-- ===== src/Host/Copy.antt =====
-- LDIR on flat memory, round after round.
use z80_python.Base.{
  ◌*◌, ◌+◌, ◌-◌, ◌<◌, ◌==◌, ◌∙◌, ◌≡◌, Bool, ap, arith, dec16, false, if◌then◌else◌, inc16, not,
  refl, suc, true, u16, zero, ℕ,
}
use z80_python.Base.Bits.Words.{join}
use z80_python.Blocks.{block_ld, block_ld_flags, block_repeat, op_ldir, put_bc, put_de, put_hl}
use z80_python.Core.{bc, de, hl}
use z80_python.Cpu.{Cpu}
use z80_python.Host.{Memory, done, flat, poke, run}
use z80_python.Prog.{◌>>=◌, Prog, ret}

-- The copy loop that LDIR stands for: byte by byte upwards, so an overlap is copied again.
abbrev pub copy_up : ℕ → ℕ → ℕ → Memory → Memory
copy_up zero src dst m = m
copy_up (suc n) src dst m = copy_up n (inc16 src) (inc16 dst) (poke dst (m src) m)

-- `n` rounds of LDIR, each with PC behind the two bytes that are fetched for it; the T-states add
-- up.
abbrev pub rounds : ℕ → ℕ → Cpu → Prog (ℕ × Cpu)
rounds zero t_states s = ret (t_states, s)
rounds (suc n) t_states s =
    op_ldir (record s { pc = u16 (s.pc + 2) }) >>= λ r. rounds n (t_states + r.0) r.1

-- A round that moves the byte `v`: the state, and then the rewind.
abbrev moved : ℕ → Cpu → Cpu
moved v s =
    let count = dec16 (bc s) in
    let s = put_bc count (put_de (inc16 (de s)) (put_hl (inc16 (hl s)) s)) in
    record s { f = block_ld_flags s.f (s.a + v) count }

abbrev rewound : Bool → ℕ → Cpu → Cpu
rewound again v s =
    let t = if again then block_repeat (moved v s) else moved v s in record t { q = t.f }

op_ldir-flat :
    (s : Cpu) (m : Memory) (f : ℕ × Cpu → Prog (ℕ × Cpu))
    → run flat (op_ldir s >>= f) m
      ≡ run flat
          (f (
            if not (dec16 (bc s) == 0) then 21 else 16,
            rewound (not (dec16 (bc s) == 0)) (m (hl s)) s,
          ))
          (poke (de s) (m (hl s)) m)
unfolding run flat op_ldir block_ld bc
op_ldir-flat s m f = refl

-- The pairs and PC after a round.
record IsNext (again : Bool) (s t : Cpu) : Type 0 where
  pub hl-next : hl t ≡ inc16 (hl s)
  pub de-next : de t ≡ inc16 (de s)
  pub bc-next : bc t ≡ dec16 (bc s)
  pub pc-next : t.pc ≡ (if again then u16 (s.pc + 0x10000 - 2) else s.pc)

moved-pairs :
    (v : ℕ) (s : Cpu)
    → (hl (moved v s) ≡ inc16 (hl s))
      × (de (moved v s) ≡ inc16 (de s))
      × (bc (moved v s) ≡ dec16 (bc s))
unfolding hl de bc
moved-pairs v s = (
  join (inc16 (hl s)) (omega arith),
  join (inc16 (de s)) (omega arith),
  join (dec16 (bc s)) (omega arith),
)

rewound-IsNext : (again : Bool) (v : ℕ) (s : Cpu) → IsNext again s (rewound again v s)
unfolding block_repeat hl de bc
rewound-IsNext true v s =
    let p = moved-pairs v s in
    record { hl-next = p.0; de-next = p.1; bc-next = p.2; pc-next = refl }
rewound-IsNext false v s =
    let p = moved-pairs v s in
    record { hl-next = p.0; de-next = p.1; bc-next = p.2; pc-next = refl }

-- A round behind its fetch.
abbrev after : Bool → Cpu → Memory → Cpu
after again s m = rewound again (m (hl s)) (record s { pc = u16 (s.pc + 2) })

round-flat :
    (again : Bool) (s : Cpu) (m : Memory) (f : ℕ × Cpu → Prog (ℕ × Cpu))
    → not (dec16 (bc s) == 0) ≡ again
    → run flat (op_ldir (record s { pc = u16 (s.pc + 2) }) >>= f) m
      ≡ run flat (f (if again then 21 else 16, after again s m)) (poke (de s) (m (hl s)) m)
unfolding hl de bc
round-flat again s m f h =
    let t = record s { pc = u16 (s.pc + 2) } in
    op_ldir-flat t m f
    ∙ ap (λ b. run flat (f (if b then 21 else 16, after b s m)) (poke (de s) (m (hl s)) m)) h

after-IsNext :
    (again : Bool) (s : Cpu) (m : Memory)
    → (hl (after again s m) ≡ inc16 (hl s))
      × (de (after again s m) ≡ inc16 (de s))
      × (bc (after again s m) ≡ dec16 (bc s))
      × ((after again s m).pc
          ≡ (if again then u16 (u16 (s.pc + 2) + 0x10000 - 2) else u16 (s.pc + 2)))
unfolding hl de bc
after-IsNext again s m =
    let next = rewound-IsNext again (m (hl s)) (record s { pc = u16 (s.pc + 2) }) in
    (next.hl-next, next.de-next, next.bc-next, next.pc-next)

-- `n + 1` rounds of `op_ldir` on flat memory, with n below 65536, a 16-bit PC and BC = n + 1
-- modulo 65536, return; they add 21 T-states for each round but 16 for the last, leave memory as
-- the copy loop does, HL and DE advanced by n + 1, BC at 0 and PC behind the instruction.
pub rounds-copy_up :
    (n t_states : ℕ) (s : Cpu) (m : Memory)
    → n < 65536
    → s.pc < 65536
    → bc s ≡ u16 (n + 1)
    → (t : Cpu) × (run flat (rounds (suc n) t_states s) m
        ≡ (done (t_states + 21 * n + 16, t), copy_up (suc n) (hl s) (de s) m))
      × (hl t ≡ u16 (hl s + n + 1))
      × (de t ≡ u16 (de s + n + 1))
      × (bc t ≡ 0)
      × (t.pc ≡ u16 (s.pc + 2))
unfolding run
rounds-copy_up zero t_states s m h pc count =
    let last : not (dec16 (bc s) == 0) ≡ false = ground arith in
    let next = after-IsNext false s m in
    let time : t_states + 21 * 0 + 16 ≡ t_states + 16 = omega arith in
    (
      after false s m,
      rw time (round-flat false s m (λ r. ret (t_states + r.0, r.1)) last),
      rw next.0 (omega arith),
      rw next.1 (omega arith),
      rw (next.2, count) (omega arith),
      next.3,
    )
rounds-copy_up (suc n) t_states s m h pc count =
    let again : not (dec16 (bc s) == 0) ≡ true = ground arith in
    let next = after-IsNext true s m in
    let t = after true s m in
    let m' = poke (de s) (m (hl s)) m in
    let place : t.pc ≡ s.pc = next.3 ∙ omega arith in
    let place-lt : t.pc < 65536 = rw place pc in
    let left : bc t ≡ u16 (n + 1) = next.2 ∙ rw count (omega arith) in
    let rest = rounds-copy_up n (t_states + 21) t m' (omega arith) place-lt left in
    let time : t_states + 21 + 21 * n + 16 ≡ t_states + 21 * suc n + 16 = omega arith in
    let copied : copy_up (suc n) (hl t) (de t) m'
        ≡ copy_up (suc n) (inc16 (hl s)) (inc16 (de s)) m' =
      rw (next.0, next.1) refl in
    (
      rest.0,
      round-flat true s m (λ r. rounds (suc n) (t_states + r.0) r.1) again
          ∙ rest.1
          ∙ ap (λ k. (done (k, rest.0), copy_up (suc n) (hl t) (de t) m')) time
          ∙ ap (λ c. (done (t_states + 21 * suc n + 16, rest.0), c)) copied,
      rest.2 ∙ rw next.0 (omega arith),
      rest.3 ∙ rw next.1 (omega arith),
      rest.4,
      rest.5 ∙ rw place refl,
    )
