-- ===== src/Host/Stray.antt =====
-- The T-states of stray prefixes (`extra` of `_execute_index`, src/z80_python/_index_dispatch.py).
use mathlib.Core.Path.{fun_ext}
use z80_python.Base.{◌+◌, ◌==◌, ◌∙◌, ◌≡◌, Bool, ap, arith, false, if◌then◌else◌, refl, true, ℕ}
use z80_python.Cpu.{Cpu}
use z80_python.Dispatch.Execute.{call, call_prefixed, execute_ed, execute_prefixed, plus_t_states}
use z80_python.Dispatch.Page.{Entry}
use z80_python.Dispatch.Pages.{entry_at, index_page}
use z80_python.Host.{Memory, Outcome, done, flat, no_fuel, raised, run}
use z80_python.Prog.{
  ◌>>=◌, Prog, out_of_fuel, raise, read_byte, read_port, ret, write_byte, write_port,
}

-- T-states that are added to a program's.
plus-plus :
    (a b : ℕ) (p : Prog (ℕ × Cpu)) → plus_t_states a (plus_t_states b p) ≡ plus_t_states (a + b) p
plus-plus a b (ret (t, s)) = ap (λ k. ret (k, s)) (omega arith)
plus-plus a b (raise e) = refl
plus-plus a b out_of_fuel = refl
plus-plus a b (read_byte x k) = ap (read_byte x) (fun_ext (λ v. plus-plus a b (k v)))
plus-plus a b (write_byte x v p) = ap (write_byte x v) (plus-plus a b p)
plus-plus a b (read_port x k) = ap (read_port x) (fun_ext (λ v. plus-plus a b (k v)))
plus-plus a b (write_port x v p) = ap (write_port x v) (plus-plus a b p)

abbrev pub plus_outcome : ℕ → Outcome (ℕ × Cpu) × Memory → Outcome (ℕ × Cpu) × Memory
plus_outcome a (done (t, s), m) = (done (a + t, s), m)
plus_outcome a (raised e, m) = (raised e, m)
plus_outcome a (no_fuel, m) = (no_fuel, m)

pub run-plus :
    (a : ℕ) (p : Prog (ℕ × Cpu)) (m : Memory)
    → run flat (plus_t_states a p) m ≡ plus_outcome a (run flat p m)
unfolding run
run-plus a (ret (t, s)) m = refl
run-plus a (raise e) m = refl
run-plus a out_of_fuel m = refl
run-plus a (read_byte x k) m =
    let answer = flat.on_read_byte x m in run-plus a (k answer.0) answer.1
run-plus a (write_byte x v p) m = run-plus a p (flat.on_write_byte x v m)
run-plus a (read_port x k) m =
    let answer = flat.on_read_port x m in run-plus a (k answer.0) answer.1
run-plus a (write_port x v p) m = run-plus a p (flat.on_write_port x v m)

plus-bind :
    {A : Type 0} (a : ℕ) (p : Prog A) (f g : A → Prog (ℕ × Cpu))
    → ((x : A) → plus_t_states a (f x) ≡ g x)
    → plus_t_states a (p >>= f) ≡ (p >>= g)
plus-bind a (ret x) f g h = h x
plus-bind a (raise e) f g h = refl
plus-bind a out_of_fuel f g h = refl
plus-bind a (read_byte x k) f g h = ap (read_byte x) (fun_ext (λ v. plus-bind a (k v) f g h))
plus-bind a (write_byte x v p) f g h = ap (write_byte x v) (plus-bind a p f g h)
plus-bind a (read_port x k) f g h = ap (read_port x) (fun_ext (λ v. plus-bind a (k v) f g h))
plus-bind a (write_port x v p) f g h = ap (write_port x v) (plus-bind a p f g h)

-- The T-states of the stray prefixes are added to those of the last.
pub execute_prefixed-stray :
    (prefix op stray : ℕ) (s : Cpu)
    → plus_t_states stray (execute_prefixed prefix op 0 s) ≡ execute_prefixed prefix op stray s
unfolding execute_prefixed
execute_prefixed-stray prefix op stray s = go (op == 0xED)
  where
    t : Cpu
    t = record s { q = 0 }

    chosen :
        (c : Bool) (p q : Prog (ℕ × Cpu))
        → plus_t_states stray (if c then plus_t_states 0 p else plus_t_states (0 + 4) q)
          ≡ (if c then plus_t_states stray p else plus_t_states (stray + 4) q)
    chosen true p q = plus-plus stray 0 p ∙ ap (λ k. plus_t_states k p) (omega arith)
    chosen false p q = plus-plus stray 4 q

    by_entry : ℕ → Entry Bool → Prog (ℕ × Cpu)
    by_entry stray entry =
        if entry.columns
        then plus_t_states stray (call_prefixed entry.method entry.argument prefix t)
        else plus_t_states (stray + 4) (call entry.method entry.argument t)

    entries : (entry : Entry Bool) → plus_t_states stray (by_entry 0 entry) ≡ by_entry stray entry
    entries entry =
        chosen entry.columns (call_prefixed entry.method entry.argument prefix t)
          (call entry.method entry.argument t)

    go :
        (ed : Bool)
        → plus_t_states stray (
            if ed
            then plus_t_states (0 + 4) (execute_ed s)
            else (entry_at index_page op >>= by_entry 0))
          ≡ (if ed
              then plus_t_states (stray + 4) (execute_ed s)
              else (entry_at index_page op >>= by_entry stray))
    go true = plus-plus stray 4 (execute_ed s)
    go false = plus-bind stray (entry_at index_page op) (by_entry 0) (by_entry stray) entries
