-- ===== src/Timing.antt =====
-- Where the accesses of an instruction fall (src/z80_python/timing.py).
pub mod Values
pub mod MainLow
pub mod MainHigh
pub mod CbLow
pub mod CbHigh
pub mod Ed
pub mod IndexLow
pub mod IndexHigh
pub mod IndexCbLow
pub mod IndexCbHigh
pub mod Lookup
pub mod Fits
pub mod Total
use z80_python.Base.{List, ℕ}
use z80_python.Debug.{AccessKind}

pub record AccessTiming : Type 0 where
  pub kind : AccessKind
  pub t : ℕ

pub record InstructionTiming : Type 0 where
  pub accesses : List AccessTiming
  pub shapes : List (ℕ × ℕ)

abbrev pub at : AccessKind → ℕ → AccessTiming
at kind t = record { kind = kind; t = t }

abbrev pub timed : List AccessTiming → List (ℕ × ℕ) → InstructionTiming
timed accesses shapes = record { accesses = accesses; shapes = shapes }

▬▬▬▬▬▬

◆ **Task item**
Using the material above, return each line in which the word "method" occurs.

◆ **Solved problem**
        then plus_t_states stray (call_prefixed entry.method entry.argument prefix t)
        else plus_t_states (stray + 4) (call entry.method entry.argument t)
        chosen entry.columns (call_prefixed entry.method entry.argument prefix t)
          (call entry.method entry.argument t)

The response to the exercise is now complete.